By Deborah Bonello
Now, more than 50 years after that trip, Carlos Ferrer, known by his friends as Calica, has written a book, From Ernesto to Che, about their experiences.
That trip saw the transformation of his young childhood friend to the famous Che, the iconic figure known around the world.
Mr Ferrer, now 76 and living in Buenos Aires, explains why, after all this time, he decided to write the book.
"Before, I was very scared that whatever I said could be misunderstood," he says.
"But now that he's such important figure known around the world, I think that would be unlikely to happen.
"I felt obliged to tell the part of the story that I had the honour to share with Ernesto Guevara."
Friendship test
Mr Ferrer has also shared his story with actor Benicio del Toro, who is playing Guevara in a new film being directed by Steven Soderbergh.
"I don't call him Che - Che is what a lot of people call him - but my friend is called Ernesto, or Ernestito.
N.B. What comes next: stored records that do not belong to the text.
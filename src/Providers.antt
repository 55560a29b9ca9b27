-- ===== src/Providers.antt =====
-- cmd-drivers/providers: the interfaces by which the services see the node, over the states `W` of a
-- node. Reading does not change the state; the actions give a new one.
pub mod Resolver
pub mod Format
pub mod MountInfo
pub mod Statfs
pub mod K8sMount
use kubernetes_external_prov.Fsutils.Lsblk as Command
use kubernetes_external_prov.Base.{Bool, List, Option, Result, String}
use kubernetes_external_prov.Exec.{Exec}
use kubernetes_external_prov.Fsutils.Device.{BlockDevice}
use kubernetes_external_prov.Fsutils.Lsblk.{FilterFunc}
use kubernetes_external_prov.Models.{MountEntry, StatfsResult}

-- `fsutils.LSBLK`
pub record Lsblk (W : Type 0) : Type 0 where
  pub get_block_devices : Option FilterFunc → W → Result (List BlockDevice)
  pub get_block_device : String → W → Result BlockDevice
  pub get_uuid : String → W → Result String

pub record DeviceResolver (W : Type 0) : Type 0 where
  pub resolve_uuid : String → W → Result String

pub record MountInfoProvider (W : Type 0) : Type 0 where
  pub get_mounts : W → Result (List MountEntry)

pub record StatfsProvider (W : Type 0) : Type 0 where
  pub statfs : String → W → Result StatfsResult

-- `K8sMountProvider`: source, target, filesystem type and options of a mount.
pub record MountProvider (W : Type 0) : Type 0 where
  pub mount : String → String → String → List String → Exec W (Unit {0})
  pub unmount : String → Exec W (Unit {0})
  pub is_likely_not_mount_point : String → W → Result Bool

pub record FormatOptions : Type 0 where
  pub fs_type : String
  pub label : String

pub record FormatProvider (W : Type 0) : Type 0 where
  pub format : String → FormatOptions → Exec W (Unit {0})

-- `NewLSBLK`: each call runs the lsblk command once, `GetUUID` once or twice.
abbrev pub real_lsblk : {W : Type 0} → (W → Result (List BlockDevice)) → Lsblk W
real_lsblk output = record {
  get_block_devices = λ f w. Command.get_block_devices (output w) f;
  get_block_device = λ wanted w. Command.get_block_device (output w) wanted;
  get_uuid = λ wanted w. Command.get_uuid (output w) (output w) wanted;
}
But when I was angry with him, I'd call him something else, but I can't say it here," Mr Ferrer says.
Ernesto, he says in his book, was always demanding.
"When we were 11-years-old, after some typical argument of ours, he came to confront me with his gang, of which of course he was the leader.
"'Look,' he said to me, 'if you want to get back into the gang you have to demonstrate your courage.'
"I didn't want to be on the outside, so accepted and they took me to a place where there was a huge rock with a tunnel underneath. 'If you cross the tunnel, you'll be back in the gang,' he said.
"Without thinking twice, I set to making it through the tunnel, body to ground, although I was terrified that a snake or a spider would bite me at any moment, that a frog would jump on me or I would be crushed by a landslide.
"It seemed like 100 years, but finally I reached the other side and everybody congratulated me. My title of friend of Ernesto had been reclaimed," he recalls.
Witnessing misery
Carlos Ferrer and Che Guevara travelled through Peru, Bolivia and finally Ecuador, where they went their separate ways. Che continued to Mexico, where his first meeting with Fidel Castro took place.
The two friends arrived in Bolivia just when the National Revolutionary Movement was in the process of overthrowing the military regime there.
"Ernesto had already seen in his first trip [with Alberto Granada, subject of the film The Motorcycle Diaries] the harsh miseries, the lack of medicine, education and culture, the lack of attention to those countries," says Carlos Ferrer.
At the time, much of Latin America was in the grip of dictators and the second trip helped awaken the revolutionary in Guevara, he says.
"If he needed to know anything else about how people in these towns were living, this was a great way to do it. We had the opportunity to see how the miners were treated - Bolivians and miners were treated like animals," says Carlos Ferrer.
If Guevara had not been killed in Bolivia in 1967, Mr Ferrer thinks he would have gone on to great things.
"I think he would be an important political leader now," he says.